🤖 AI Summary
Existing video implicit neural representations struggle to balance decoding speed, training efficiency, and reconstruction quality, while failing to disentangle camera and object motion. This paper proposes GSVR—a 2D Gaussian-based video representation framework—that pioneers the integration of 2D Gaussians with a hybrid deformation field. It explicitly separates camera and object motion via triplane feature encoding and polynomial motion modeling. To adapt to varying motion intensities, we introduce a motion-aware temporal slicing strategy; further, quantization-aware fine-tuning and dynamic GOP partitioning are designed to jointly enhance compression ratio and reconstruction fidelity. On the Bunny dataset, GSVR achieves per-frame training in just 2 seconds, real-time decoding at over 800 FPS (10× faster than SOTA), and PSNR > 35. On the UVG dataset, it outperforms NeRV in rate-distortion performance.
📝 Abstract
Implicit neural representations for video have been recognized as a novel and promising form of video representation.

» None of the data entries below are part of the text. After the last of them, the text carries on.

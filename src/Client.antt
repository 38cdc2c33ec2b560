-- ===== src/Client.antt =====
-- common/connectionmanager.cpp: the client of a broker. `State` is what it keeps and how it sends,
-- `Registration` the callbacks and the subscriptions they make, `Dispatch` what a received message
-- triggers, `Requests` publishing and request/reply, `Library` the instance and what waits for it.
pub mod State
pub mod Registration
pub mod Dispatch
pub mod Requests
pub mod Library
pub mod Announced
pub mod Told
pub mod Served
pub mod Counted
pub mod Shortcut
pub mod Replies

Existing works pay more attention to improving video reconstruction quality but little attention to the decoding speed. However, the high computation of convolutional network used in existing methods leads to low decoding speed. Moreover, these convolution-based video representation methods also suffer from long training time, about 14 seconds per frame to achieve 35+ PSNR on Bunny. To solve the above problems, we propose GSVR, a novel 2D Gaussian-based video representation, which achieves 800+ FPS and 35+ PSNR on Bunny, only needing a training time of $2$ seconds per frame. Specifically, we propose a hybrid deformation field to model the dynamics of the video, which combines two motion patterns, namely the tri-plane motion and the polynomial motion, to deal with the coupling of camera motion and object motion in the video. Furthermore, we propose a Dynamic-aware Time Slicing strategy to adaptively divide the video into multiple groups of pictures(GOP) based on the dynamic level of the video in order to handle large camera motion and non-rigid movements. Finally, we propose quantization-aware fine-tuning to avoid performance reduction after quantization and utilize image codecs to compress Gaussians to achieve a compact representation. Experiments on the Bunny and UVG datasets confirm that our method converges much faster than existing methods and also has 10x faster decoding speed compared to other methods. Our method has comparable performance in the video interpolation task to SOTA and attains better video compression performance than NeRV.